CloudsArk
Troubleshooting Kubernetes

Fix Startup Probe Failed

Learn practical fix startup probe failed with kubectl commands, manifests, verification steps, common mistakes, and production-focused guidance.

Fix Startup Probe Failed

Introduction

This guide explains fix startup probe failed with practical kubectl commands, realistic output, and production-focused checks. Use this workflow when an application is failing and you need evidence before changing manifests.

Symptoms

You may see pods stuck in a waiting state, failed rollouts, 4xx or 5xx responses, missing endpoints, failed probes, denied API calls, or repeated events in the namespace.

Common Causes

Common causes include events, previous logs, probes, image pulls, resource limits, and rollout state. Always confirm with events and logs before editing the workload.

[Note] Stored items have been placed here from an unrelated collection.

-- ===== src/Node/Inner/Incoming.antt =====
-- node/node_internal/src/node.rs, NodeInner: the handlers of the messages that peers send.
pub mod Forwarding
pub mod Answering
pub mod Settling
pub mod Claiming
use stargate.Common.{ℕ, Bool, true, false, Option, none, some, List, [], ◌∷◌, ◌++◌, if◌then◌else◌}
use stargate.Common.Outcome.{Outcome, ok, err, panic, ok_or, ensure}
use stargate.Common.Slices.{slice_from}
use stargate.Common.Handler.{◌>>=◌, ◌>>◌, pure, fail, lift, gets, modify}
use stargate.Libra.{Bytes, TransactionArgument}
use stargate.Invoice.{get_preimage, get_previous_hop, add_previous_hop}
use stargate.Messages
use stargate.Messages.{MessageType}
use stargate.Messages.Errors.{ErrorMessage}
use stargate.Messages.Hops.{NextHop, MultiHopChannelRequest}
use stargate.Proposal.{ChannelOp}
use stargate.Proposal.Requests.{
  ChannelTransactionRequest, ChannelTransactionResponse, channel_txn, request_id, response_id,
}
use stargate.Router.Stats.{payed}
use stargate.Wallet.Handle
use stargate.Wallet.Handle.{verify_txn, approve_txn, verify_txn_response}
use stargate.Wallet.Actions.{send_payment, receive_payment}
use stargate.Wallet.Reads.{channel_sequence_number}
use stargate.Wallet.Htlc.{
  HtlcError, HtlcPayment, is_htlc_transfer, is_htlc_receive, parse_htlc_payment,
  parse_htlc_preimage,
}
use stargate.Node.Futures.{MessageProcessor, SendError, send_response, future_error}
use stargate.Node.Wire.{add_message_type, parse_message_type}
use stargate.Node.Inner.{
  NodeWorld, NodeInner, NodeHandler, NodeError, Response, htlc_error, bad_bytes, queue_closed,
  NetworkMessage, on_wallet, attempt, unwrap, send, send_error, send_channel_request,
  send_multi_hop_channel_request, send_stats, dropped,
}

abbrev pub from_htlc : {A : Type 0} → Outcome HtlcError A → Outcome NodeError A
from_htlc (ok a) = ok a
from_htlc (err e) = err (htlc_error e)
from_htlc panic = panic

module _ (nw : NodeWorld) where
  unfoldable pub told : ℕ → ℕ → Response ℕ → NodeHandler (Unit {0})
  told peer_id id (ok _) = pure tt
  told peer_id id (err e) = send_error nw peer_id e id
  told peer_id id panic = lift panic

  unfoldable pub apply_txn : ℕ → ℕ → ChannelTransactionResponse → NodeHandler (Unit {0})
  apply_txn peer_id id txn_response = do
    unwrap (
        send nw peer_id (
          add_message_type (nw.response.into_proto_bytes txn_response)
            Messages.channel_transaction_response))
    r ← attempt (on_wallet (Handle.apply_txn nw.ww peer_id))
    told peer_id id r

  unfoldable pub approved : ℕ → ℕ → Bool → NodeHandler (Option ChannelTransactionResponse)
  approved peer_id id false = pure none
  approved peer_id id true = do
    resp ← unwrap (on_wallet (approve_txn nw.ww peer_id id))
    pure (some resp)

  -- the response, where there is one now
  unfoldable pub verified :
      ℕ
      → ℕ
      → Response (Option ChannelTransactionResponse)
      → NodeHandler (Option ChannelTransactionResponse)
  verified peer_id id (ok (some resp)) = pure (some resp)
  verified peer_id id (ok none) = do
    auto_approve ← gets (λ s. s.auto_approve)
    approved peer_id id auto_approve
  verified peer_id id (err e) = do send_error nw peer_id e id; pure none
  verified peer_id id panic = lift panic

  -- a payment whose preimage is known is received, under its own hash lock
  unfoldable pub received : ℕ → Option ℕ → NodeHandler (Unit {0})
  received peer_id none = pure tt
  received peer_id (some preimage) = do
    request ← on_wallet (receive_payment nw.ww peer_id (nw.c.hash_to_vec preimage))
    dropped (send_channel_request nw peer_id request Messages.channel_transaction_request)

  unfoldable pub on_transfer : ℕ → List TransactionArgument → Bool → NodeHandler (Unit {0})
  on_transfer peer_id args false = pure tt
  on_transfer peer_id args true = do
    payment ← lift (from_htlc (parse_htlc_payment nw.from_slice args))
    known ← gets (λ s. get_preimage nw.c s.invoice_mgr payment.hash_lock)
    received peer_id known

  -- a preimage goes back to the previous hop of its payment
  unfoldable pub passed_back : ℕ → Option ℕ → NodeHandler (Unit {0})
  passed_back preimage none = pure tt
  passed_back preimage (some previous_addr) = do
    request ← on_wallet (receive_payment nw.ww previous_addr (nw.c.hash_to_vec preimage))
    dropped (send_channel_request nw previous_addr request Messages.channel_transaction_request)

  unfoldable pub on_receive : List TransactionArgument → Bool → NodeHandler (Unit {0})
  on_receive args false = pure tt
  on_receive args true = do
    preimage ← lift (from_htlc (parse_htlc_preimage nw.from_slice args))
    previous ← gets (λ s. get_previous_hop nw.c s.invoice_mgr preimage)
    passed_back preimage previous

  unfoldable pub answered :
      ℕ → ChannelTransactionRequest → Option ChannelTransactionResponse → NodeHandler (Unit {0})
  answered peer_id request none = pure tt
  answered peer_id request (some resp) = do
    let txn = channel_txn request
    apply_txn peer_id (request_id nw.ww.world.x.txn_hash request) resp
    on_transfer peer_id txn.args (is_htlc_transfer txn.operator)
    on_receive txn.args (is_htlc_receive txn.operator)

  unfoldable pub handle_channel_transaction_request :
      ℕ → ChannelTransactionRequest → NodeHandler (Unit {0})
  handle_channel_transaction_request peer_id request = do
    tx ← attempt (on_wallet (verify_txn nw.ww peer_id request))
    resp ← verified peer_id (request_id nw.ww.world.x.txn_hash request) tx
    answered peer_id request resp

  unfoldable pub handle_receiver_channel : Bytes → ℕ → NodeHandler (Unit {0})
  handle_receiver_channel data_bytes peer_id = do
    request ← lift (ok_or bad_bytes (nw.request.from_proto_bytes data_bytes))
    handle_channel_transaction_request peer_id request

  -- the payment of the next hop, with what is left of the hops
  unfoldable pub forward : ℕ → NextHop → List NextHop → HtlcPayment → NodeHandler (Unit {0})
  forward peer_id hop hops payment = do
    request ← on_wallet (
        send_payment nw.ww hop.remote_addr hop.amount (nw.c.hash_to_vec payment.hash_lock)
          payment.timeout)
    dropped (
        send_multi_hop_channel_request nw hop.remote_addr
          (record { request = request; hops = hops })
          Messages.multi_hop_channel_transaction_request)
    modify (λ s. record s {
      invoice_mgr = add_previous_hop nw.c s.invoice_mgr payment.hash_lock peer_id;
    })

  unfoldable pub next_hop :
      ℕ → List TransactionArgument → Bool → List NextHop → NodeHandler (Unit {0})
  next_hop peer_id args is_transfer [] = pure tt
  next_hop peer_id args false (hop ∷ hops) = pure tt
  next_hop peer_id args true (hop ∷ hops) = do
    payment ← lift (from_htlc (parse_htlc_payment nw.from_slice args))
    forward peer_id hop hops payment

  unfoldable pub handle_multi_hop_receiver_channel : Bytes → ℕ → NodeHandler (Unit {0})
  handle_multi_hop_receiver_channel data_bytes peer_id = do
    message ← lift (ok_or bad_bytes (nw.multi_hop.from_proto_bytes data_bytes))
    handle_channel_transaction_request peer_id message.request
    let txn = channel_txn message.request
    next_hop peer_id txn.args (is_htlc_transfer txn.operator) message.hops

  unfoldable pub handle_sender_channel : Bytes → ℕ → NodeHandler (Unit {0})
  handle_sender_channel data_bytes peer_id = do
    resp ← lift (ok_or bad_bytes (nw.response.from_proto_bytes data_bytes))
    on_wallet (verify_txn_response nw.ww peer_id resp)
    on_wallet (Handle.apply_txn nw.ww peer_id)
    number ← on_wallet (channel_sequence_number nw.ww peer_id)
    let id = response_id nw.ww.world.x.txn_hash resp
    modify (λ s. record s { message_processor = send_response s.message_processor id number })
    me ← gets (λ s. s.wallet.account.address)
    send_stats nw (me, peer_id) (record { hash_value = id; amount = 0; kind = payed })

  -- `future_error(…).unwrap()`
  unfoldable pub stored : Outcome SendError MessageProcessor → NodeHandler (Unit {0})
  stored (ok p) = modify (λ s. record s { message_processor = p })
  stored (err _) = lift panic
  stored panic = lift panic

  unfoldable pub failed_future : Option ErrorMessage → NodeHandler (Unit {0})
  failed_future none = pure tt
  failed_future (some msg) = do r ← gets (λ s. future_error s.message_processor msg); stored r

  unfoldable pub handle_error_message : Bytes → NodeHandler (Unit {0})
  handle_error_message data_bytes = failed_future (nw.error.from_proto_bytes data_bytes)

  unfoldable pub handle_router_msg : ℕ → Bytes → NodeHandler (Unit {0})
  handle_router_msg peer_id data_bytes = do
    message ← lift (ok_or bad_bytes (nw.router.from_proto_bytes data_bytes))
    lift (ensure nw.router_reads queue_closed)
    modify (λ s. record s { router_messages = s.router_messages ++ (peer_id, message) ∷ [] })

  unfoldable pub dispatch : MessageType → ℕ → Bytes → NodeHandler (Unit {0})
  dispatch Messages.open_channel_node_negotiate_message peer_id rest = pure tt
  dispatch Messages.channel_transaction_request peer_id rest =
      unwrap (handle_receiver_channel rest peer_id)
  dispatch Messages.channel_transaction_response peer_id rest =
      unwrap (handle_sender_channel rest peer_id)
  dispatch Messages.error_message peer_id rest = handle_error_message rest
  dispatch Messages.multi_hop_channel_transaction_request peer_id rest =
      unwrap (handle_multi_hop_receiver_channel rest peer_id)
  dispatch Messages.router_message peer_id rest = unwrap (handle_router_msg peer_id rest)

  unfoldable pub handle_network_msg : NetworkMessage → NodeHandler (Unit {0})
  handle_network_msg msg = do
    msg_type ← lift (parse_message_type msg.bytes)
    rest ← lift (slice_from 2 msg.bytes)
    dispatch msg_type msg.peer_id rest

Step 1: Check Current State

kubectl get pods -n app -o wide
kubectl describe pod web-7d9f8c-abcde -n app

Expected output:

NAME                  READY   STATUS             RESTARTS   AGE
web-7d9f8c-abcde      0/1     CrashLoopBackOff   6          8m

Step 2: Inspect Events and Logs

kubectl describe pod web-7d9f8c-abcde -n app
kubectl logs web-7d9f8c-abcde -n app --previous

Events show scheduler, kubelet, image pull, mount, and probe errors. Previous logs are critical when the container restarts quickly.

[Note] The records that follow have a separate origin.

-- ===== src/Node/Inner/Sending.antt =====
-- node/node_internal/src/node.rs: what a node that the network hears puts on the wire.
use stargate.Common.{ℕ, ◌≡◌, refl, ◌∙◌, ap, true, [], ◌∷◌, ◌++◌, ◌==◌, Bool-cases, inl, inr}
use stargate.Common.Outcome.{Outcome, ok, ensure}
use stargate.Common.Handler.{pure, gets, modify, run-bind, run-lift}
use stargate.Libra.{Bytes}
use stargate.Messages.{MessageType}
use stargate.Messages.Hops.{MultiHopChannelRequest}
use stargate.Proposal.Requests.{ChannelTransactionRequest}
use stargate.Wallet.{Wallet, WalletHandler, WalletError}
use stargate.Node.Futures.{channel, add_future}
use stargate.Node.Wire.{add_message_type}
use stargate.Node.Inner.{
  NodeWorld, NodeInner, NodeError, queue_closed, send, future_timeout, new_future,
  send_channel_request, send_multi_hop_channel_request, NodeHandler, attempt, caught, on_wallet,
  from_wallet,
}

-- a node with one more message sent, and what else it holds at most changed for its future
pub record Sent (s : NodeInner) (peer_id : ℕ) (bytes : Bytes) (t : NodeInner) : Type 0 where
  pub message : t.sent ≡ s.sent ++ record { peer_id = peer_id; bytes = bytes } ∷ []
  pub wallet : t.wallet ≡ s.wallet

abbrev pub with_message : ℕ → Bytes → NodeInner → NodeInner
with_message peer_id bytes s = record s {
  sent = s.sent ++ record { peer_id = peer_id; bytes = bytes } ∷ [];
}

pub attempted :
    {A : Type 0} (m : NodeHandler A) (s : NodeInner) {a : A} {t : NodeInner}
    → m s ≡ (ok a, t)
    → attempt m s ≡ (ok (ok a), t)
unfolding attempt
attempted m s e = ap (λ (r : Outcome NodeError _ × NodeInner). (caught r, r.1)) e

pub on_wallet-runs :
    {A : Type 0} (m : WalletHandler A) (s : NodeInner) {a : A} {w : Wallet}
    → m s.wallet ≡ (ok a, w)
    → on_wallet m s ≡ (ok a, record s { wallet = w })
unfolding on_wallet
on_wallet-runs m s e =
    ap (λ (q : Outcome WalletError _ × Wallet). (from_wallet q.0, record s { wallet = q.1 })) e

module _ (nw : NodeWorld) where
  future_timeout-runs :
      (hash delay : ℕ) (s : NodeInner)
      → (t : NodeInner) × (future_timeout nw hash delay s ≡ (ok tt, t))
        × (t.sent ≡ s.sent)
        × (t.wallet ≡ s.wallet)
  unfolding future_timeout pure modify
  future_timeout-runs hash delay s = elim (Bool-cases (delay == 0)) [
    | inl now ↦ (s, rw (now) refl, refl, refl)
    | inr later ↦
        (record s { delays = s.delays ++ (hash, delay) ∷ [] }, rw (later) refl, refl, refl)
  ]

  new_future-runs :
      (hash : ℕ) (s : NodeInner)
      → (t : NodeInner) × (new_future nw hash s ≡ (ok s.message_processor.next, t))
        × (t.sent ≡ s.sent)
        × (t.wallet ≡ s.wallet)
  unfolding new_future modify gets channel pure
  new_future-runs hash s =
      let made : NodeInner = record s {
        message_processor =
            add_future (channel s.message_processor).0 hash s.message_processor.next;
      } in
      let (t, runs, same, w) = future_timeout-runs hash s.default_future_timeout made in
      (
        t,
        run-bind _ _ s refl ∙ run-bind _ _ s refl ∙ run-bind _ _ made refl ∙ run-bind _ _ made runs,
        same,
        w,
      )

  pub send-runs :
      (peer_id : ℕ) (bytes : Bytes) (s : NodeInner)
      → nw.network_reads ≡ true
      → send nw peer_id bytes s ≡ (ok tt, with_message peer_id bytes s)
  unfolding send modify
  send-runs peer_id bytes s reads = run-lift _ _ s (ap (λ b. ensure b queue_closed) reads)

  pub send_multi_hop-runs :
      (peer_id : ℕ) (message : MultiHopChannelRequest) (kind : MessageType) (s : NodeInner)
      → nw.network_reads ≡ true
      → (t : NodeInner) × (send_multi_hop_channel_request nw peer_id message kind s
          ≡ (ok s.message_processor.next, t))
        × Sent s peer_id (add_message_type (nw.multi_hop.into_proto_bytes message) kind) t
  unfolding send_multi_hop_channel_request
  send_multi_hop-runs peer_id message kind s reads =
      let bytes = add_message_type (nw.multi_hop.into_proto_bytes message) kind in
      let (t, runs, same, w) = new_future-runs _ (with_message peer_id bytes s) in
      (
        t,
        run-bind _ _ s (send-runs peer_id bytes s reads) ∙ runs,
        record { message = same; wallet = w },
      )

  pub send_request-runs :
      (peer_id : ℕ) (request : ChannelTransactionRequest) (kind : MessageType) (s : NodeInner)
      → nw.network_reads ≡ true
      → (t : NodeInner) × (send_channel_request nw peer_id request kind s
          ≡ (ok s.message_processor.next, t))
        × Sent s peer_id (add_message_type (nw.request.into_proto_bytes request) kind) t
  unfolding send_channel_request
  send_request-runs peer_id request kind s reads =
      let bytes = add_message_type (nw.request.into_proto_bytes request) kind in
      let (t, runs, same, w) = new_future-runs _ (with_message peer_id bytes s) in
      (
        t,
        run-bind _ _ s (send-runs peer_id bytes s reads) ∙ runs,
        record { message = same; wallet = w },
      )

Step 3: Verify the Manifest or Runtime Setting

kubectl rollout status deployment/web -n app
kubectl get pod web-7d9f8c-abcde -n app -o yaml

Check selectors, image names, probes, resource limits, service accounts, volumes, and namespace references.

Step 4: Apply the Fix

apiVersion: apps/v1
kind: Deployment
metadata:
  name: web
  namespace: app
spec:
  replicas: 3
  selector:
    matchLabels:
      app: web
  template:
    metadata:
      labels:
        app: web
    spec:
      containers:
      - name: web
        image: nginx:1.27
        ports:
        - containerPort: 80

Apply only the corrected field, then let the controller reconcile the desired state.

kubectl apply -f manifest.yaml
kubectl rollout status deployment/web -n app

Step 5: Confirm Recovery

kubectl get pods -n app
kubectl get events -n app --sort-by=.lastTimestamp

Common Mistakes

  • Deleting pods before reading the events that explain why they failed.
  • Changing probes, resources, images, and RBAC at the same time.
  • Troubleshooting only the pod while ignoring the service, PVC, node, or service account.

Quick Checklist

  • Check pod status and restart count.
  • Read describe output and recent events.
  • Inspect current and previous container logs.
  • Verify dependent objects such as Secrets, ConfigMaps, PVCs, Services, and RBAC.
  • Apply one fix and watch the rollout.

Summary

Treat fix startup probe failed as an evidence-driven debugging task. Events identify the failing layer, logs explain application behavior, and rollout checks prove the fix worked.